# New site this morning in sunny N FL.



## ccpe (Feb 21, 2021)

I found this site this morning.  Lots of bottle just laying on the surface.  Can't wait to date them. Some aren't too old but I haven't even started looking at the bottle of the hill.


----------



## treeguyfred (Feb 21, 2021)

these little out of the way sites can be interesting.... the tiny house suggests less than affluent life styles which then suggests less than desirable bottles ..BUT! a surprise can also be hiding there somewhere... maybe a cherished item from "grandma or grandpa" ......
~ best of luck to you in your hunt!
~Fred


----------



## hemihampton (Feb 21, 2021)

Some times behind these type of houses they bury there trash behind the house. a metal detector would help you find that. Good Luck. LEON.


----------



## ccpe (Feb 21, 2021)

hemihampton said:


> Some times behind these type of houses they bury there trash behind the house. a metal detector would help you find that. Good Luck. LEON.


I have a friend lined up to go out with me next time with his metal detector.  It works great because he never wants to keep any finds!


----------



## east texas terry (Feb 21, 2021)

hemihampton said:


> Some times behind these type of houses they bury there trash behind the house. a metal detector would help you find that. Good Luck. LEON.

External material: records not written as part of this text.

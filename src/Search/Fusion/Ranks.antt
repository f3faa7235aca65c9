-- ===== src/Search/Fusion/Ranks.antt =====
-- The ranks by id are the best ones, and the keys of two rankings stand once.
use docmesh.Prelude.{
  ℕ, suc, ◌+◌, ◌≡◌, refl, sym, ap, ◌∙◌, Bool, true, false, not, ◌&&◌, ◌||◌, Option, none, some,
  List, [], ◌∷◌, ◌++◌, filter, if◌then◌else◌, if_both, arith, Bool-cases, inl, inr,
}
use docmesh.Text.{Text, text_eq, text_eq_self, eq_of_text_eq}
use docmesh.Search.Fusion.{Ranks, is_present, find_rank, set_default, rank_from, keys, all_keys}

abbrev pub one_if : Bool → ℕ
one_if true = 1
one_if false = 0

abbrev pub occurrences : Text → List Text → ℕ
occurrences i [] = 0
occurrences i (j ∷ r) = one_if (text_eq j i) + occurrences i r

occurrences-append :
    (i : Text) (xs ys : List Text) → occurrences i (xs ++ ys) ≡ occurrences i xs + occurrences i ys
occurrences-append i [] ys = omega arith
occurrences-append i (x ∷ xs) ys = omega (arith, occurrences-append i xs ys)

occurrences-filter :
    (p : Text → Bool) (i : Text) (xs : List Text)
    → occurrences i (filter p xs) ≡ (if p i then occurrences i xs else 0)
occurrences-filter p i [] = if_both (λ n. 0 ≡ n) (p i) (λ _. refl) (λ _. refl)
occurrences-filter p i (x ∷ xs) = elim (Bool-cases (text_eq x i)) [
  | inl same ↦
      rw (eq_of_text_eq x i same) (ground (arith, occurrences-filter p i xs, text_eq_self i))
  | inr other ↦ ground (arith, other, occurrences-filter p i xs)
]

module _ {W : Type 0} where
  -- The first place of the chunk in the ranking from `rank` on, with its score.
  abbrev pub best_rank : ℕ → Text → List (Text × W) → Option (ℕ × W)
  best_rank rank i [] = none
  best_rank rank i ((j, score) ∷ r) =
      if text_eq j i then some (rank, score) else best_rank (suc rank) i r

  abbrev first_of : Option (ℕ × W) → Option (ℕ × W) → Option (ℕ × W)
  first_of none b = b
  first_of (some a) b = some a

  first_of-none : (a : Option (ℕ × W)) → a ≡ first_of a none
  first_of-none none = refl
  first_of-none (some a) = refl

  first_of_assoc : (a b c : Option (ℕ × W)) → first_of (first_of a b) c ≡ first_of a (first_of b c)
  first_of_assoc none b c = refl
  first_of_assoc (some a) b c = refl

  first_of-if :
      (b : Bool) (v : ℕ × W) (a : Option (ℕ × W))
      → first_of (if b then some v else none) a ≡ (if b then some v else a)
  first_of-if true v a = refl
  first_of-if false v a = refl

  find_rank-set_default :
      (i k : Text) (v : ℕ × W) (d : Ranks W)
      → find_rank k (set_default i v d)
        ≡ first_of (find_rank k d) (if text_eq i k then some v else none)
  unfolding find_rank set_default
  find_rank-set_default i k v [] = refl
  find_rank-set_default i k v ((j, u) ∷ d) = elim (Bool-cases (text_eq j i)) [
    | inl here ↦
        rw (eq_of_text_eq j i here, text_eq_self i)
          (elim (Bool-cases (text_eq i k)) [
            | inl same ↦ rw same refl
            | inr other ↦ rw other (first_of-none (find_rank k d))
          ])
    | inr later ↦ rw later (elim (Bool-cases (text_eq j k)) [
      | inl same ↦ rw same refl
      | inr other ↦ rw other (find_rank-set_default i k v d)
    ])
  ]

  pub find_rank-rank_from :
      (rank : ℕ) (out : Ranks W) (k : Text) (r : List (Text × W))
      → find_rank k (rank_from rank out r) ≡ first_of (find_rank k out) (best_rank rank k r)
  unfolding rank_from
  find_rank-rank_from rank out k [] = first_of-none (find_rank k out)
  find_rank-rank_from rank out k ((i, score) ∷ r) =
      find_rank-rank_from (suc rank) (set_default i (rank, score) out) k r
      ∙ rw (find_rank-set_default i k (rank, score) out) (
          first_of_assoc (find_rank k out) (if text_eq i k then some (rank, score) else none)
            (best_rank (suc rank) k r)
          ∙ ap (first_of (find_rank k out))
              (first_of-if (text_eq i k) (rank, score) (best_rank (suc rank) k r)))

  occurrences-set_default :
      (i k : Text) (v : ℕ × W) (d : Ranks W)
      → occurrences k (keys (set_default i v d))
        ≡ occurrences k (keys d) + one_if (text_eq i k && not (is_present (find_rank i d)))
  unfolding set_default find_rank
  occurrences-set_default i k v [] = ground arith
  occurrences-set_default i k v ((j, u) ∷ d) = elim (Bool-cases (text_eq j i)) [
    | inl here ↦ ground (arith, here)
    | inr later ↦ ground (arith, later, occurrences-set_default i k v d)
  ]

  is_present-first_of :
      (a : Option (ℕ × W)) (v : ℕ × W)
      → one_if (is_present a) + one_if (not (is_present a))
        ≡ one_if (is_present (first_of a (some v)))
  is_present-first_of none v = refl
  is_present-first_of (some a) v = refl

  -- No key stands twice.
  abbrev pub Single : Ranks W → Type 0
  Single d = (k : Text) → occurrences k (keys d) ≡ one_if (is_present (find_rank k d))

  set_default-Single : (i : Text) (v : ℕ × W) (d : Ranks W) → Single d → Single (set_default i v d)
  set_default-Single i v d h k =
      occurrences-set_default i k v d
      ∙ rw (h k, find_rank-set_default i k v d)
          (elim (Bool-cases (text_eq i k)) [
            | inl same ↦
                rw (eq_of_text_eq i k same, text_eq_self k) (is_present-first_of (find_rank k d) v)
            | inr other ↦ rw (other, sym (first_of-none (find_rank k d))) (omega arith)
          ])

  pub rank_from-Single :
      (rank : ℕ) (d : Ranks W) (r : List (Text × W)) → Single d → Single (rank_from rank d r)
  unfolding rank_from
  rank_from-Single rank d [] h = h
  rank_from-Single rank d ((i, score) ∷ r) h =
      rank_from-Single (suc rank) (set_default i (rank, score) d) r
        (set_default-Single i (rank, score) d h)

  pub occurrences-all_keys :
      (d b : Ranks W)
      → Single d
      → Single b
      → (k : Text)
      → occurrences k (all_keys d b)
        ≡ one_if (is_present (find_rank k d) || is_present (find_rank k b))
  unfolding all_keys
  occurrences-all_keys d b h g k = ground (
    arith,
    occurrences-append k (keys d) (filter (λ i. not (is_present (find_rank i d))) (keys b)),
    occurrences-filter (λ i. not (is_present (find_rank i d))) k (keys b),
    h k,
    g k,
  )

SOME TIMES THERE WILL BE A OLDER HOUSE THERE BEFORD THEY HAD THIS HOUSE YOU COULD FIND OLDER TRASH PIT WITH A METAL DETECTOR


----------



## ccpe (Feb 21, 2021)

Does anyone know what this bottle was used for?  There are a lot of them.  Whoever was living there was having

 a great time because there seems to be a lot of liquor bottles.


----------



## UncleBruce (Feb 21, 2021)

Looks like it would have been used in a barber shop.


----------



## ccpe (Feb 21, 2021)

UncleBruce said:


> Looks like it would have been used in a barber shop.


Seems like people from all times love their hair.  I found a lot of hair tonic bottles on another site that is less than a mile from this one.


----------



## east texas terry (Feb 21, 2021)

ccpe said:


> Does anyone know what this bottle was used for?  There are a lot of them.  Whoever was living there was havingView attachment 219652 a great time because there seems to be a lot of liquor bottles.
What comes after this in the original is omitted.